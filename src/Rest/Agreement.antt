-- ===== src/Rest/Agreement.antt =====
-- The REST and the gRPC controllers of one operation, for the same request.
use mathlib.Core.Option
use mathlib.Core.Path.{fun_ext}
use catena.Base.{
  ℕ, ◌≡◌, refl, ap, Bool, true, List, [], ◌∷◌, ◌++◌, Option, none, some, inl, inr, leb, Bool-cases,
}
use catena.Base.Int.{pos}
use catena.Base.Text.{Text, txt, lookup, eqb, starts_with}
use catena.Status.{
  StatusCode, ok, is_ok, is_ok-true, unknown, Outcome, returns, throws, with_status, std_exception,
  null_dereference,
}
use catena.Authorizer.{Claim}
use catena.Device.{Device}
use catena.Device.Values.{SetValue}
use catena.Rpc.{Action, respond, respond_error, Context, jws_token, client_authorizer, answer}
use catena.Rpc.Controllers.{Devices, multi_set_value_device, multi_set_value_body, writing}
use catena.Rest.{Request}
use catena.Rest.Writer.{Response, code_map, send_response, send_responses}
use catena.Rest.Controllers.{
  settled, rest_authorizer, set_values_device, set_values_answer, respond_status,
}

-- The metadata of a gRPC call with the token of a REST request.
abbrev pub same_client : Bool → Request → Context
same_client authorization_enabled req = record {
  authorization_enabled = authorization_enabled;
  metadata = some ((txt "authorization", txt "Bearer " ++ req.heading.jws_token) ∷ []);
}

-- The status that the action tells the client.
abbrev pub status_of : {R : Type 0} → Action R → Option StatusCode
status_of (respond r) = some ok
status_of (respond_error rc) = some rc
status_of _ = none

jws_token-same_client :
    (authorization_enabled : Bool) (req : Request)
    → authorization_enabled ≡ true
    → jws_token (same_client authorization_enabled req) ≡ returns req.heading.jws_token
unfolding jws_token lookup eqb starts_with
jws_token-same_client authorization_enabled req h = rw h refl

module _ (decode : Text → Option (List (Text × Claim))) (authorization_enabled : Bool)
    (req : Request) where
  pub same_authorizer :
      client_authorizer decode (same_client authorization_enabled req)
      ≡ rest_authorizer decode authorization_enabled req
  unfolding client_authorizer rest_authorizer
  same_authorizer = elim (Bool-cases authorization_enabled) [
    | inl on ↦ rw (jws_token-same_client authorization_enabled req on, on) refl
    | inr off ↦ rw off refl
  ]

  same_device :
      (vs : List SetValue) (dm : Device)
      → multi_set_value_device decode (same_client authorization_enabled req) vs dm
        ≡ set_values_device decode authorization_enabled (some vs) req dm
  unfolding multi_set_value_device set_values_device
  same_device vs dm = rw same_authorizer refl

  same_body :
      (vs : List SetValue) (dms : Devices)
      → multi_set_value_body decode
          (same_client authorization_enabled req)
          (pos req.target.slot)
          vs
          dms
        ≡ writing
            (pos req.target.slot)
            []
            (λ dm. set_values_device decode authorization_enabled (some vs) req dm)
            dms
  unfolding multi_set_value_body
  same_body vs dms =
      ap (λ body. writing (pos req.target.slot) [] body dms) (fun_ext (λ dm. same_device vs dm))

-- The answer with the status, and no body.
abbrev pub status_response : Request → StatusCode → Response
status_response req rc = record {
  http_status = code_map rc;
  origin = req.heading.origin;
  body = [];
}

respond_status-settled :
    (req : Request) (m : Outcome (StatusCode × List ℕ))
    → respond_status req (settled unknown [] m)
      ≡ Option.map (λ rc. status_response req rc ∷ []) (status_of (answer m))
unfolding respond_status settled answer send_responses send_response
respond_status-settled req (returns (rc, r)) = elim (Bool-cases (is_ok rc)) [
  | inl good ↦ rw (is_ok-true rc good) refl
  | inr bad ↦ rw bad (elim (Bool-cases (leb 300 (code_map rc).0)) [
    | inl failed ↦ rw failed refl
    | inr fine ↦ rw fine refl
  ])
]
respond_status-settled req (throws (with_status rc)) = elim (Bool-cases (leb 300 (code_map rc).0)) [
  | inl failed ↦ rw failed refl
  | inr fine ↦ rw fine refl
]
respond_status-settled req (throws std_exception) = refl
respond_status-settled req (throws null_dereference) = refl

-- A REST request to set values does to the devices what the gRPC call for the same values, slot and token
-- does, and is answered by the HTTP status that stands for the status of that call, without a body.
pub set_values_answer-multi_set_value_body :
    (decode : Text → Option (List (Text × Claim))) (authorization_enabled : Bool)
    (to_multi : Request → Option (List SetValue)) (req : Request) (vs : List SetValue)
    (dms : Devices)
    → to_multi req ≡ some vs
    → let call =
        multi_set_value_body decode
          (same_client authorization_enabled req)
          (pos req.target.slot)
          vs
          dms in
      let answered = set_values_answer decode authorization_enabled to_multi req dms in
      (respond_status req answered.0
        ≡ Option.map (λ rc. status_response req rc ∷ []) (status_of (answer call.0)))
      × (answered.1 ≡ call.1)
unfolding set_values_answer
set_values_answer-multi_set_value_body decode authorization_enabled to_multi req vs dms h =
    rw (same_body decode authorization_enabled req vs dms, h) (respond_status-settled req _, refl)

====

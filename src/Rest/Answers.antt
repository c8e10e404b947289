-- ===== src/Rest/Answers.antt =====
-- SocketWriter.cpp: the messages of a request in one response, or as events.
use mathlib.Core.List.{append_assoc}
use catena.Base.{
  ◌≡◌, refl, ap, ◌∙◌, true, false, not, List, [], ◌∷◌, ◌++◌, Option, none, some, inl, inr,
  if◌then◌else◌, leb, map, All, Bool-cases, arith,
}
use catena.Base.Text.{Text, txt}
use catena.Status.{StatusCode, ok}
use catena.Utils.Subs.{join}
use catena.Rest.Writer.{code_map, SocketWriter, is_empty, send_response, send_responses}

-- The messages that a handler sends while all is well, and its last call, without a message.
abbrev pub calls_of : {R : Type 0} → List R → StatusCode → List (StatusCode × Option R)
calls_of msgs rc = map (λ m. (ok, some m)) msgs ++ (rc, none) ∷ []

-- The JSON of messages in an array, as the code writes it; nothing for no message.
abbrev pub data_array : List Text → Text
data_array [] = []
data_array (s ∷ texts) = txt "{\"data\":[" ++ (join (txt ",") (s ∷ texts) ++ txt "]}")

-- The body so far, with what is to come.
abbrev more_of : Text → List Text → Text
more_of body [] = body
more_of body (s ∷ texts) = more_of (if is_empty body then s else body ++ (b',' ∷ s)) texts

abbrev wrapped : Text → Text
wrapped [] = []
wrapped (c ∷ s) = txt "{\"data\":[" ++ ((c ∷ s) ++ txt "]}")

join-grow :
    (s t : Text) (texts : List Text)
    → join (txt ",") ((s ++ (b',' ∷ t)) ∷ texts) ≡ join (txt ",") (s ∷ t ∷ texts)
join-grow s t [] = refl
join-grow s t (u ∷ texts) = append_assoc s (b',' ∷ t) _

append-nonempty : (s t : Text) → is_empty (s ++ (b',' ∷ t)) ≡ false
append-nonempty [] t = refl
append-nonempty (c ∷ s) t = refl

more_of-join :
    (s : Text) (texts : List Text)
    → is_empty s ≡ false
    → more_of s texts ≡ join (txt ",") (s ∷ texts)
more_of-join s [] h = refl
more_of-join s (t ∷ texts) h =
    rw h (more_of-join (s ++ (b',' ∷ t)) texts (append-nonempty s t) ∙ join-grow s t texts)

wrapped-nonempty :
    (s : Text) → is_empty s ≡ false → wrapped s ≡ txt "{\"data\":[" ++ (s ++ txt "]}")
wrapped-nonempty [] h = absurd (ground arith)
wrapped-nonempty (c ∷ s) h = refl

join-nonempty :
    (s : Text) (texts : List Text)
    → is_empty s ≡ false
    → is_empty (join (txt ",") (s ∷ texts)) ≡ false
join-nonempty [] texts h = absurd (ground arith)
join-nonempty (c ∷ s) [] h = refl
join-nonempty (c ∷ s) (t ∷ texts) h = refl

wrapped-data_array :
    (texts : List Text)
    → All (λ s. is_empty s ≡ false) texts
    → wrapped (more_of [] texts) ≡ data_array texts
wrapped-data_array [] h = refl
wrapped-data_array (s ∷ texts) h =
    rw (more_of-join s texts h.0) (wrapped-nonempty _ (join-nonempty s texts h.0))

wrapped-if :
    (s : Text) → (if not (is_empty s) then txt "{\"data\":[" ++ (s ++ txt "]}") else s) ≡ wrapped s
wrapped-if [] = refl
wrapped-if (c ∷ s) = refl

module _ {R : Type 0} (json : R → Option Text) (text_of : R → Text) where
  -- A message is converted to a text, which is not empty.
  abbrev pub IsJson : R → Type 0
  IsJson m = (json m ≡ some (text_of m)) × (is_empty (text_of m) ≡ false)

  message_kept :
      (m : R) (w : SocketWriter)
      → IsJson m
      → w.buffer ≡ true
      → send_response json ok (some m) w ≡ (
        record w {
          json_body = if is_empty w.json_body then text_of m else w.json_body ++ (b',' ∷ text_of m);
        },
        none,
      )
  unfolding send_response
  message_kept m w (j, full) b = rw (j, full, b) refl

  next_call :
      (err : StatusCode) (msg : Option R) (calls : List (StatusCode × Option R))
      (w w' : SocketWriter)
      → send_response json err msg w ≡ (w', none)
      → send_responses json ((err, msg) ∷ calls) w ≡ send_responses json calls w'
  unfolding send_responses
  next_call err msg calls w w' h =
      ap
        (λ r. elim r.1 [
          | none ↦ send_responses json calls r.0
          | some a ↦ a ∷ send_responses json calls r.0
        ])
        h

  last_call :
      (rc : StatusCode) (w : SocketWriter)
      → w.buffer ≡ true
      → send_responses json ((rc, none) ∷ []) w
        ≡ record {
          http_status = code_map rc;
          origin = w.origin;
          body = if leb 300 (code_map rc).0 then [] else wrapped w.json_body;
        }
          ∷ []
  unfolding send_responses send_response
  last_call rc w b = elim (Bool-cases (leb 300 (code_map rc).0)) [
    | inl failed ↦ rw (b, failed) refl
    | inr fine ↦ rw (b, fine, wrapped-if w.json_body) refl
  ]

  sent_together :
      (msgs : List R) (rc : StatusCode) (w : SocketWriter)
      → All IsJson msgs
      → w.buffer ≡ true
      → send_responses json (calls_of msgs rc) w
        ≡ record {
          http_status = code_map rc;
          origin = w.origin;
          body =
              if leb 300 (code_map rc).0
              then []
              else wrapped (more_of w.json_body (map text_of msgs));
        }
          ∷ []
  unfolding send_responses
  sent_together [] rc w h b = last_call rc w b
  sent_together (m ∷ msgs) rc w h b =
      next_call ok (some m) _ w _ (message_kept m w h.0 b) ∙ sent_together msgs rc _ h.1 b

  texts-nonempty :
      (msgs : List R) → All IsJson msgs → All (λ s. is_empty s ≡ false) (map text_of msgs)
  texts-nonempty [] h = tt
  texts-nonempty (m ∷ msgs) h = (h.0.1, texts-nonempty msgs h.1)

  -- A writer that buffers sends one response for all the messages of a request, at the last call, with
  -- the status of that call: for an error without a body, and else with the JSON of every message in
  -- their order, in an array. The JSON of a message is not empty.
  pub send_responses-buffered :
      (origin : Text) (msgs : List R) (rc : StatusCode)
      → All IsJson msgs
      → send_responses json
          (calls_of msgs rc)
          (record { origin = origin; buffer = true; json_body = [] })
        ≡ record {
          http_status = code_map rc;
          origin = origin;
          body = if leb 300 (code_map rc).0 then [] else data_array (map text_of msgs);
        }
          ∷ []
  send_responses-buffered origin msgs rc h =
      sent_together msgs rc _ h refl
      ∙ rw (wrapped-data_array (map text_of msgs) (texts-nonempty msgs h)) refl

====

## EXERCISE DETAILS
Report all lines of the material that contain the word "writing".

## WRITTEN SOLUTION
use catena.Rpc.Controllers.{Devices, multi_set_value_device, multi_set_value_body, writing}
        ≡ writing
      ap (λ body. writing (pos req.target.slot) [] body dms) (fun_ext (λ dm. same_device vs dm))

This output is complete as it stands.